__EXERCISE REQUIREMENTS__. Transcribe only part of the material below: the lines from the one containing "-- The binding" through the one containing "one is needed.", inclusive, exactly as written.

Segment Start: PROVIDED RECORDS

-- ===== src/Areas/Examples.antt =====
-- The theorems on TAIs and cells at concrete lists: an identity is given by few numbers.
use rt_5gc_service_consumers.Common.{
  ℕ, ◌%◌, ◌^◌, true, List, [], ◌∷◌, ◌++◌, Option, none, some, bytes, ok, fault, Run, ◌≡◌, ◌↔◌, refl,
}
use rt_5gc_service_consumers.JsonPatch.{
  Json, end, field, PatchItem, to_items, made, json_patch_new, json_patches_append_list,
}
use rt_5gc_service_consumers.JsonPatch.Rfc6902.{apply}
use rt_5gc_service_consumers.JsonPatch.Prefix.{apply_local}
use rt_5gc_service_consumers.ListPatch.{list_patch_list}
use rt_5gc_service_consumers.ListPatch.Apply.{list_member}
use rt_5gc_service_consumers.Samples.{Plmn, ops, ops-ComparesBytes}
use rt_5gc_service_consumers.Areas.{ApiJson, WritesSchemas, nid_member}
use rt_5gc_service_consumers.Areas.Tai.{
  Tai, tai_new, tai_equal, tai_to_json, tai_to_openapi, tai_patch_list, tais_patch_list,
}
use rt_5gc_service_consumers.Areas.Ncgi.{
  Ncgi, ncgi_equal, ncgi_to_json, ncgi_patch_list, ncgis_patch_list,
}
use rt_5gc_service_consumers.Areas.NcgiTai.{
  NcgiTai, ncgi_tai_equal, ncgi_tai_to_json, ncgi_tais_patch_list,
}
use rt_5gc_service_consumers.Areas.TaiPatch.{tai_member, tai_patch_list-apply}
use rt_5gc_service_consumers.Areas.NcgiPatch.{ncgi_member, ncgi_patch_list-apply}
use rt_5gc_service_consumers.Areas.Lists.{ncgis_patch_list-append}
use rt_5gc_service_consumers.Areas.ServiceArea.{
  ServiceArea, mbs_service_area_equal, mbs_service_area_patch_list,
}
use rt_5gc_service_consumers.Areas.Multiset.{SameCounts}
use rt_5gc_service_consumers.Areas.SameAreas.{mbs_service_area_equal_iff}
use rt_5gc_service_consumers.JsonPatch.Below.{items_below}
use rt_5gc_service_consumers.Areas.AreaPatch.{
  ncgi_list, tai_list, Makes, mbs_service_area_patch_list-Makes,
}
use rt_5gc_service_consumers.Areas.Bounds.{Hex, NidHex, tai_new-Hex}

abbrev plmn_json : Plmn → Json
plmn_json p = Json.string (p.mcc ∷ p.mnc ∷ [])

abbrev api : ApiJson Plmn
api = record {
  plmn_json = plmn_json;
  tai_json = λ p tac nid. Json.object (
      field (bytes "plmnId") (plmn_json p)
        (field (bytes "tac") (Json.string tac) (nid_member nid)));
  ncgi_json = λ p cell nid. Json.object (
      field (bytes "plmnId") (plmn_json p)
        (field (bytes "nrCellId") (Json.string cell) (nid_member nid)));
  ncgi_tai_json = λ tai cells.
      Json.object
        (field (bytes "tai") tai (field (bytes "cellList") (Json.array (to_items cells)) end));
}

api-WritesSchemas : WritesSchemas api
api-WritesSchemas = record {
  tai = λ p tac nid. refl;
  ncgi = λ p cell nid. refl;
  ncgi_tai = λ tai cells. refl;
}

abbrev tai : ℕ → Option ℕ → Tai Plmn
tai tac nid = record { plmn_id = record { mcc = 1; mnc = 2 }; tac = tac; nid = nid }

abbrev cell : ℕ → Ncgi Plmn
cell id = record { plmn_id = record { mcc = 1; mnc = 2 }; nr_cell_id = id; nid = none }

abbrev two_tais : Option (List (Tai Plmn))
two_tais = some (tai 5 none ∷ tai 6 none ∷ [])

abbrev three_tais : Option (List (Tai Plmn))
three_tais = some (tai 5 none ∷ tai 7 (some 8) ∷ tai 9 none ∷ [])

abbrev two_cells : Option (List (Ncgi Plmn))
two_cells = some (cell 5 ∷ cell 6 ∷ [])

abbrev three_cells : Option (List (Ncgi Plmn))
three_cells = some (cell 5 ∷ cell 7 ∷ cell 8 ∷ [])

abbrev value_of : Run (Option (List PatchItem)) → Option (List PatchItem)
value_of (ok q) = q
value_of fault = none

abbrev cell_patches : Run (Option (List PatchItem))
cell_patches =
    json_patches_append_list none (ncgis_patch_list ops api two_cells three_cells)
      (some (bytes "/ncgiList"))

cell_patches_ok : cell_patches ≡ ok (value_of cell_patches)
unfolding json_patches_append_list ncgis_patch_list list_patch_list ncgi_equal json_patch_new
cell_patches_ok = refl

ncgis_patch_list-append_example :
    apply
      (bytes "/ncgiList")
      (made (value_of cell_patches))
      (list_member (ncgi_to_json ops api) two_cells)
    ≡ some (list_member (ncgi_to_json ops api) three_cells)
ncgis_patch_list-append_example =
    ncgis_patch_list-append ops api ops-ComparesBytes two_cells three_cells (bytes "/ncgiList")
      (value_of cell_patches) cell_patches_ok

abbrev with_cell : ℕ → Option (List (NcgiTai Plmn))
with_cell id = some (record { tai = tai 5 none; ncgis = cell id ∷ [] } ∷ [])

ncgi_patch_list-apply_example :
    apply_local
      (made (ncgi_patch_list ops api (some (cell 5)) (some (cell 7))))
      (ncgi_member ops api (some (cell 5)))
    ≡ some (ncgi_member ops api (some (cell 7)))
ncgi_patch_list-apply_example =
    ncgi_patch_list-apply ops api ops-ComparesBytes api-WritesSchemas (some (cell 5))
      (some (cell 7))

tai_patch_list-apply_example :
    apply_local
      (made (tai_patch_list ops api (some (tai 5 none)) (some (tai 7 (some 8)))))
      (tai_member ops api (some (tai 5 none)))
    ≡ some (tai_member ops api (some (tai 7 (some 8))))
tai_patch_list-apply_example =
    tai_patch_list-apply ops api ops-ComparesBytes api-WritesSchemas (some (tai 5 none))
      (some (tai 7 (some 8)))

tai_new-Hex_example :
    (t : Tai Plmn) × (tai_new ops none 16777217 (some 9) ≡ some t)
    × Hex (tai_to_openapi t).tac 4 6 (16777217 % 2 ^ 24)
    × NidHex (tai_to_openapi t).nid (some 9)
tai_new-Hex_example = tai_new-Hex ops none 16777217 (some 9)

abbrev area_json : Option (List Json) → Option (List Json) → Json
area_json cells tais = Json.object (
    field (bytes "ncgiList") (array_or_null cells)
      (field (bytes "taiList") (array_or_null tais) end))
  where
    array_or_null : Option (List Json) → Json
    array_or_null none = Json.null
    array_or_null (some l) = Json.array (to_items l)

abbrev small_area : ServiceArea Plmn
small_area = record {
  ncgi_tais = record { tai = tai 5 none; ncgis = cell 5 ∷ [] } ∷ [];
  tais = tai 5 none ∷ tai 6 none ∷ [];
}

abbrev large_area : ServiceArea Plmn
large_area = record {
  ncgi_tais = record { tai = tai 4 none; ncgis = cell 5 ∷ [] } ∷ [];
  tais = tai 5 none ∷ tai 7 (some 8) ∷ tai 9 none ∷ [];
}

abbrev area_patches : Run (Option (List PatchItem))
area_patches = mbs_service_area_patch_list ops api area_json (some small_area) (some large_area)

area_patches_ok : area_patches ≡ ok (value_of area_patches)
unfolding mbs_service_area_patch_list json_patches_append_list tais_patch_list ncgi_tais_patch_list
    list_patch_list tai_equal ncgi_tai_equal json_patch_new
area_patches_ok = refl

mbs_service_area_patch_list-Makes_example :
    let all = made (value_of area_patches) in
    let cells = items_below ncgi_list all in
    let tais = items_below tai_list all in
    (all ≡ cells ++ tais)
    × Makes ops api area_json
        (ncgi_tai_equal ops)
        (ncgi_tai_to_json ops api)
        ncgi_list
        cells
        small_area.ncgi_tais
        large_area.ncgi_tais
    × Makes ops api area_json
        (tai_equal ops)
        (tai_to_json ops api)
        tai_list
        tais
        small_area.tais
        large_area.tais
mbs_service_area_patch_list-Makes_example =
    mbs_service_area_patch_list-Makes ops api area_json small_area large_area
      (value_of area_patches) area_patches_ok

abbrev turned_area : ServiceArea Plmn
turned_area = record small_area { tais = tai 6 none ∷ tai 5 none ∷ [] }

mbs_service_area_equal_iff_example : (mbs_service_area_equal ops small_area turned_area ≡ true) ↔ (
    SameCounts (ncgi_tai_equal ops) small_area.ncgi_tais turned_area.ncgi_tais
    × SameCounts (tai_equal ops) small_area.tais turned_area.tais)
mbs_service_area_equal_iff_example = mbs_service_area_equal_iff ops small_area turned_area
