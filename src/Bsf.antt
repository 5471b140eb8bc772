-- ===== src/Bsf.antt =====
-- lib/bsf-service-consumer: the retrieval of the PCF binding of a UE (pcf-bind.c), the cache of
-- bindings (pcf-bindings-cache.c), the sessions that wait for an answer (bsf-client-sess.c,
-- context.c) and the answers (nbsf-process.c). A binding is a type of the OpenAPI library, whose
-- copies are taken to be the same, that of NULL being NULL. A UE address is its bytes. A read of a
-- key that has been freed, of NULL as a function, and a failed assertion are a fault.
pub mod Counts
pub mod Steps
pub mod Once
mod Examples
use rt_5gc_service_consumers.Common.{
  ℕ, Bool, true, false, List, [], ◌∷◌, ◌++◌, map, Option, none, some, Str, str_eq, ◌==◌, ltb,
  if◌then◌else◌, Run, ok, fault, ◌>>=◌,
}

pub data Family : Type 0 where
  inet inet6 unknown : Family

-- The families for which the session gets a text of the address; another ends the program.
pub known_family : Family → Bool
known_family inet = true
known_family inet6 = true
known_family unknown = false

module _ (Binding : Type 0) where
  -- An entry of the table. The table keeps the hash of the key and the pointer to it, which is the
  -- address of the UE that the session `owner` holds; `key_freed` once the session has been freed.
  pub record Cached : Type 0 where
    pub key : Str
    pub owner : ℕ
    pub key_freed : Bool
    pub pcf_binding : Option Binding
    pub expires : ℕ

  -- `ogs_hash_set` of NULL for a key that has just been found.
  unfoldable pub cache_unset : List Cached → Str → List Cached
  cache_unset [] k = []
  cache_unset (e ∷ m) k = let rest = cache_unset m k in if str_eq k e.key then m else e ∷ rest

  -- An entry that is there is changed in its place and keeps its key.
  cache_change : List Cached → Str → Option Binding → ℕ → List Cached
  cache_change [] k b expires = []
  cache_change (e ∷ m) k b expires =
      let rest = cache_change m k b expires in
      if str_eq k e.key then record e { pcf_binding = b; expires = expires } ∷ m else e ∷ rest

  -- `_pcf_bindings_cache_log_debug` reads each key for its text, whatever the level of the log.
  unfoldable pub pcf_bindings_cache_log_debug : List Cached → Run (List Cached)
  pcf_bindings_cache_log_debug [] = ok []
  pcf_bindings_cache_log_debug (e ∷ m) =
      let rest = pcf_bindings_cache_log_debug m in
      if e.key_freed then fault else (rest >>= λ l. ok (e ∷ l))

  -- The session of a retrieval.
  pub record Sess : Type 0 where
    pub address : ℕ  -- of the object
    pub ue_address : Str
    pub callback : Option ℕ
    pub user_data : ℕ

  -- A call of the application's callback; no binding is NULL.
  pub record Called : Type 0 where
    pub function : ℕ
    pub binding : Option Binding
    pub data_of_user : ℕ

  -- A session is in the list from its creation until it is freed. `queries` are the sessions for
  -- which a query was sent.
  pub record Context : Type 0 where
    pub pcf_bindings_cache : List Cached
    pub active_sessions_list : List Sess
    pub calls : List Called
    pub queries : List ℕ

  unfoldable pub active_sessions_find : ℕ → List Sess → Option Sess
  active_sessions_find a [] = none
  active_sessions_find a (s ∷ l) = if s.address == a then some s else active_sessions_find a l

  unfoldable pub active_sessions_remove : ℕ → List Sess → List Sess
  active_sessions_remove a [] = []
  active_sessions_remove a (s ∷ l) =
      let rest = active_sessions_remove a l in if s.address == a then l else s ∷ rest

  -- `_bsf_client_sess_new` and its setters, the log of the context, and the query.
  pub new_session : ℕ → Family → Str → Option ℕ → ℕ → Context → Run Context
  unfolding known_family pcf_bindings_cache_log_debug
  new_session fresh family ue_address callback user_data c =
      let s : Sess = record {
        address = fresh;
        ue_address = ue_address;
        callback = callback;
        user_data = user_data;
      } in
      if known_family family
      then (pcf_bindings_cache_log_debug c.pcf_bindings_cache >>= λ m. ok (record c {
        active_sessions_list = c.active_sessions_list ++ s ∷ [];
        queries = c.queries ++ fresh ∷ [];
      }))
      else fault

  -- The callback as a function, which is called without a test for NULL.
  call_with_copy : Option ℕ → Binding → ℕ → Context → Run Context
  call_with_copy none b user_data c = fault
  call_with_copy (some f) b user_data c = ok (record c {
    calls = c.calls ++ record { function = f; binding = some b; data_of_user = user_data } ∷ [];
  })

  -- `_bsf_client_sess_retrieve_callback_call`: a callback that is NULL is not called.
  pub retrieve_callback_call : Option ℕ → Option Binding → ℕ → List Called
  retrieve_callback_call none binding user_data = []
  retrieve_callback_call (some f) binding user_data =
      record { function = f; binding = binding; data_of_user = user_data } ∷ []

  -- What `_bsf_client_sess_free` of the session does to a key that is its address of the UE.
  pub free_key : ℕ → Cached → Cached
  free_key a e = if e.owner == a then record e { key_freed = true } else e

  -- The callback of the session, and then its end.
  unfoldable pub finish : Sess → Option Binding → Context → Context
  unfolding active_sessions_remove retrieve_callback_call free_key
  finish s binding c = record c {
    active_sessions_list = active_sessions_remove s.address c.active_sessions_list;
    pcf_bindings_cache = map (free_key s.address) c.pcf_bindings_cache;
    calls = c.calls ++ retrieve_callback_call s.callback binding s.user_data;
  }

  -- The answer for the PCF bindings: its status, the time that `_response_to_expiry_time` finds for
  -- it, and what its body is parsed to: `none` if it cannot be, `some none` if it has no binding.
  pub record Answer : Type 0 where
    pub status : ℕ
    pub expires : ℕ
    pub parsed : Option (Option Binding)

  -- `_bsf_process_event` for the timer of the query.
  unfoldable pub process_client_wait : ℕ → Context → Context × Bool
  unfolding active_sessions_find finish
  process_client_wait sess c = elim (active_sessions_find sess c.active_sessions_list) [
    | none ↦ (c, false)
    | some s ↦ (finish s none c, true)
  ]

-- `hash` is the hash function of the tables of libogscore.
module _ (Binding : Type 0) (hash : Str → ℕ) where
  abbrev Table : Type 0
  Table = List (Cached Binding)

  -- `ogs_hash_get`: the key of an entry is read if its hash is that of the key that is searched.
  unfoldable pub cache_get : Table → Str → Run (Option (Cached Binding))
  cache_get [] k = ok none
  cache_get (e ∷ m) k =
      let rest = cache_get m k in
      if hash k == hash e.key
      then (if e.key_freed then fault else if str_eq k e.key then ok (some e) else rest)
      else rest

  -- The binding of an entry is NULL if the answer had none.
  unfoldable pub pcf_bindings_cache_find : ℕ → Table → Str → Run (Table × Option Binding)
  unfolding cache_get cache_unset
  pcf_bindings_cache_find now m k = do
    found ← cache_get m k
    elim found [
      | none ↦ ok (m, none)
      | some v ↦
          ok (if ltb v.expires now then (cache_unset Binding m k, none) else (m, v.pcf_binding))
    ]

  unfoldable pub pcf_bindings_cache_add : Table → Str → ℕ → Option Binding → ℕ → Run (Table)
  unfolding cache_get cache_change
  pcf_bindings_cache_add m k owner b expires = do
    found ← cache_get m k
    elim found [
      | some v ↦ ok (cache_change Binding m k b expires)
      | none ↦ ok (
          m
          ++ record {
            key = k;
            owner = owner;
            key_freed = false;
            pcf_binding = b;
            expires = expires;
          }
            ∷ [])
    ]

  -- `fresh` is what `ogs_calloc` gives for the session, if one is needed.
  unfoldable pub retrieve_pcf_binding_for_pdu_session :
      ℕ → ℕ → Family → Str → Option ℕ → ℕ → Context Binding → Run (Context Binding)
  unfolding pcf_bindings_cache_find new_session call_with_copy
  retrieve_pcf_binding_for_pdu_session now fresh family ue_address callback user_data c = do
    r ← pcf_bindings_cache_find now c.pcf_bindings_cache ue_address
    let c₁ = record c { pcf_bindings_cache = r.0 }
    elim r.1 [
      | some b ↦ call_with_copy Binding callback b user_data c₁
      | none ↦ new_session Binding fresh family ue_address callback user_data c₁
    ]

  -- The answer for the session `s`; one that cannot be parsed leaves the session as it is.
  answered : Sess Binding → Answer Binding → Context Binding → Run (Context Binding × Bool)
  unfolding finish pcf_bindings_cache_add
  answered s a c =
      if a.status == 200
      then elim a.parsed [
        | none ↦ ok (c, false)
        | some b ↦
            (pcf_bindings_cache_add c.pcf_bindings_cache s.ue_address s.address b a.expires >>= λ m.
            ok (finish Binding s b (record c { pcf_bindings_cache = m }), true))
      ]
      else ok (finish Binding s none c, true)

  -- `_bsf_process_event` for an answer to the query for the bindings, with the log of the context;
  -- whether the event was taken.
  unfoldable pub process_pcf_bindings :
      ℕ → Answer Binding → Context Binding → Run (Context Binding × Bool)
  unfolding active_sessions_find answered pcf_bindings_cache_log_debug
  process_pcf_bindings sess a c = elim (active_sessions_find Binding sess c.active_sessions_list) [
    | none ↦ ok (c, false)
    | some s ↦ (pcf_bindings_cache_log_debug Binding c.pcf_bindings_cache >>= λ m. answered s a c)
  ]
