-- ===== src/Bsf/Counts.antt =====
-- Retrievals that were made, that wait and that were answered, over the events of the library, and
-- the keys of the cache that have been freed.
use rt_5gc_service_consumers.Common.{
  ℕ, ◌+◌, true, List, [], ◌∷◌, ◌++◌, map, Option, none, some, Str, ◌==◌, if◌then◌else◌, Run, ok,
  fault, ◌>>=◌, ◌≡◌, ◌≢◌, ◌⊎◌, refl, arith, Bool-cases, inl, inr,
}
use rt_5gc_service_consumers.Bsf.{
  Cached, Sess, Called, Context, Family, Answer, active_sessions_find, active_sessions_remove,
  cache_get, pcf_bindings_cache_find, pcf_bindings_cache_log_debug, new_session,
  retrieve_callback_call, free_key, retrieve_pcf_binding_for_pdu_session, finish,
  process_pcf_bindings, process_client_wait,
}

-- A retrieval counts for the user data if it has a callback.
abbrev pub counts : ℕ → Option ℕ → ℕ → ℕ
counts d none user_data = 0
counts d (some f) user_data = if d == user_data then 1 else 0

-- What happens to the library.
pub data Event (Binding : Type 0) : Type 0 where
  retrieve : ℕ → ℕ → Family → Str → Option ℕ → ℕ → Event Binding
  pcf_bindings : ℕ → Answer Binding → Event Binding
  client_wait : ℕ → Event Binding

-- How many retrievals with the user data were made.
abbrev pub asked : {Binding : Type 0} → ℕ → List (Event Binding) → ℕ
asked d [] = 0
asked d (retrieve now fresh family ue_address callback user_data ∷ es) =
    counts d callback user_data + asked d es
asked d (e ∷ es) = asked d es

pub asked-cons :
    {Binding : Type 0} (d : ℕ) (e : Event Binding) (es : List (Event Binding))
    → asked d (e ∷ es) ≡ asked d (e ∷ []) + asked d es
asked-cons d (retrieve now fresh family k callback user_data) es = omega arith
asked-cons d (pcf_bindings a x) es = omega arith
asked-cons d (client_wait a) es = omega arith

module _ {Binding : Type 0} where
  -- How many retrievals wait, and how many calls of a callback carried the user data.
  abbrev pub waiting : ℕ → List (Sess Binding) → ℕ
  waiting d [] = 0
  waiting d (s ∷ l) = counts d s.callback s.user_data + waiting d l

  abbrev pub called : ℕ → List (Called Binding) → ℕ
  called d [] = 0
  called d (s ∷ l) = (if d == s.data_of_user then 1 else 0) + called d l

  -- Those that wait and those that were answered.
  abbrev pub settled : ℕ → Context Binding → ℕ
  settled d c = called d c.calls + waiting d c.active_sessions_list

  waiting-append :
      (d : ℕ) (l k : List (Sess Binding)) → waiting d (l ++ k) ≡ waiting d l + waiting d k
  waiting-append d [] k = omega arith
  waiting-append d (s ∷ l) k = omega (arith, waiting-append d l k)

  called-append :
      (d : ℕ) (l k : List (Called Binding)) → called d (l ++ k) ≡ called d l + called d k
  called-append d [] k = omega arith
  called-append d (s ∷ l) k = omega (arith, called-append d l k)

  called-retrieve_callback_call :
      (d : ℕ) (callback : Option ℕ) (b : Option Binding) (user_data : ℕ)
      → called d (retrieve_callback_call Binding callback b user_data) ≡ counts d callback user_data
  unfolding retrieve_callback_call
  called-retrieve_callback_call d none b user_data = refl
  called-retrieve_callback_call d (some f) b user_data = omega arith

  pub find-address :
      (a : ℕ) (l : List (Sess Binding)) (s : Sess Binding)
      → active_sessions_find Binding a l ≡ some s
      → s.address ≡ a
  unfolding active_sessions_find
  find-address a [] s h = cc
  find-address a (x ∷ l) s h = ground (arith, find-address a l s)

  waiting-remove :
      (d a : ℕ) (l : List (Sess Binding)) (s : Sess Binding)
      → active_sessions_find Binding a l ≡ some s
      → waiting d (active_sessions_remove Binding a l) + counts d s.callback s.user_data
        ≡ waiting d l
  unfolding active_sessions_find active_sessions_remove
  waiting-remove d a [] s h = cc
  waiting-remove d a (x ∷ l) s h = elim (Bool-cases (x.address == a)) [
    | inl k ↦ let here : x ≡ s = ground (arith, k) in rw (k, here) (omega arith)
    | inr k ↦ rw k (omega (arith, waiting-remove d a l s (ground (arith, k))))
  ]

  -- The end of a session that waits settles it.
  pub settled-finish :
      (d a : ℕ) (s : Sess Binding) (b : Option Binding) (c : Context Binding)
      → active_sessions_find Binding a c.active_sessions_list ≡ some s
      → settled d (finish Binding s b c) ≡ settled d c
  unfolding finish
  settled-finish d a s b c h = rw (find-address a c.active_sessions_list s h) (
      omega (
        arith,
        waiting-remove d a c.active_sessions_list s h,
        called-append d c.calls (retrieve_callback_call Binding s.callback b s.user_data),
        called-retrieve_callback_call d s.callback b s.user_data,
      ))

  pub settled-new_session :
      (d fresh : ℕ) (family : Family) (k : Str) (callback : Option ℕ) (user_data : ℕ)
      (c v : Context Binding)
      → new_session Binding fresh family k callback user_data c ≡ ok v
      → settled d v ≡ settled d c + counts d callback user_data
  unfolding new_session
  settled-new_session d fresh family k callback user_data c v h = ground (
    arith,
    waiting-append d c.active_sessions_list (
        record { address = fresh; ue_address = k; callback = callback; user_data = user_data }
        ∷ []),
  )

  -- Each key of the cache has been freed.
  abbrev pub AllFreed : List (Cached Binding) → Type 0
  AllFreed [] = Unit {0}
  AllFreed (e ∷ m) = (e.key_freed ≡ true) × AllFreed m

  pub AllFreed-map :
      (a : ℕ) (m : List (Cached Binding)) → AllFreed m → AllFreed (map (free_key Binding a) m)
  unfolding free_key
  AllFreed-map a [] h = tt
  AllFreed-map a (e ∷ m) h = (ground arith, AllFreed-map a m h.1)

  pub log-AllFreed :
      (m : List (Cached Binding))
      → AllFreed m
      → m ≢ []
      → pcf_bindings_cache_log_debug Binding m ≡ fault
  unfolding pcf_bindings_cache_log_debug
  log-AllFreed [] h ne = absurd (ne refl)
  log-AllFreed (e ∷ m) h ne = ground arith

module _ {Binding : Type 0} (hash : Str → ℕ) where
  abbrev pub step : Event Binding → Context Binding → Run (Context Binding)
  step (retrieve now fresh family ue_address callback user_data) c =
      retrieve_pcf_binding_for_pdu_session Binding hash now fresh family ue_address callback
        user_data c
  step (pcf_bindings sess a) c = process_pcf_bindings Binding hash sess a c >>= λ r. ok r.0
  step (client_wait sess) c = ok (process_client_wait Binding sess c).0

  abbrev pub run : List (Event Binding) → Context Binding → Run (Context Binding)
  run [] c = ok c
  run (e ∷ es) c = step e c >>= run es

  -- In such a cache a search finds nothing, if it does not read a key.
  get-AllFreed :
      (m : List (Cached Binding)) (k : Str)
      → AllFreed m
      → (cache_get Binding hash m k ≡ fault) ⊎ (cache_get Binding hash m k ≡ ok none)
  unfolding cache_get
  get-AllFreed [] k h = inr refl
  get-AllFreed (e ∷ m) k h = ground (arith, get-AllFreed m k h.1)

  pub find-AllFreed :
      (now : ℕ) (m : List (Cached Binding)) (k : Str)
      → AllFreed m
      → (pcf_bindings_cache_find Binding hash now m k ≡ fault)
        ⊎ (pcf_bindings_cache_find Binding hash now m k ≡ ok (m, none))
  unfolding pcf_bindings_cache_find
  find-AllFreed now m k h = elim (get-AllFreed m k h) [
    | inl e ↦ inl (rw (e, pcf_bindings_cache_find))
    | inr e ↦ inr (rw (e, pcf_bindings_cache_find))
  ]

Segment End: PROVIDED RECORDS

__YOUR RESPONSE__.
  -- The binding of an entry is NULL if the answer had none.
  unfoldable pub pcf_bindings_cache_find : ℕ → Table → Str → Run (Table × Option Binding)
  unfolding cache_get cache_unset
  pcf_bindings_cache_find now m k = do
    found ← cache_get m k
    elim found [
      | none ↦ ok (m, none)
      | some v ↦
          ok (if ltb v.expires now then (cache_unset Binding m k, none) else (m, v.pcf_binding))
    ]

  unfoldable pub pcf_bindings_cache_add : Table → Str → ℕ → Option Binding → ℕ → Run (Table)
  unfolding cache_get cache_change
  pcf_bindings_cache_add m k owner b expires = do
    found ← cache_get m k
    elim found [
      | some v ↦ ok (cache_change Binding m k b expires)
      | none ↦ ok (
          m
          ++ record {
            key = k;
            owner = owner;
            key_freed = false;
            pcf_binding = b;
            expires = expires;
          }
            ∷ [])
    ]

  -- `fresh` is what `ogs_calloc` gives for the session, if one is needed.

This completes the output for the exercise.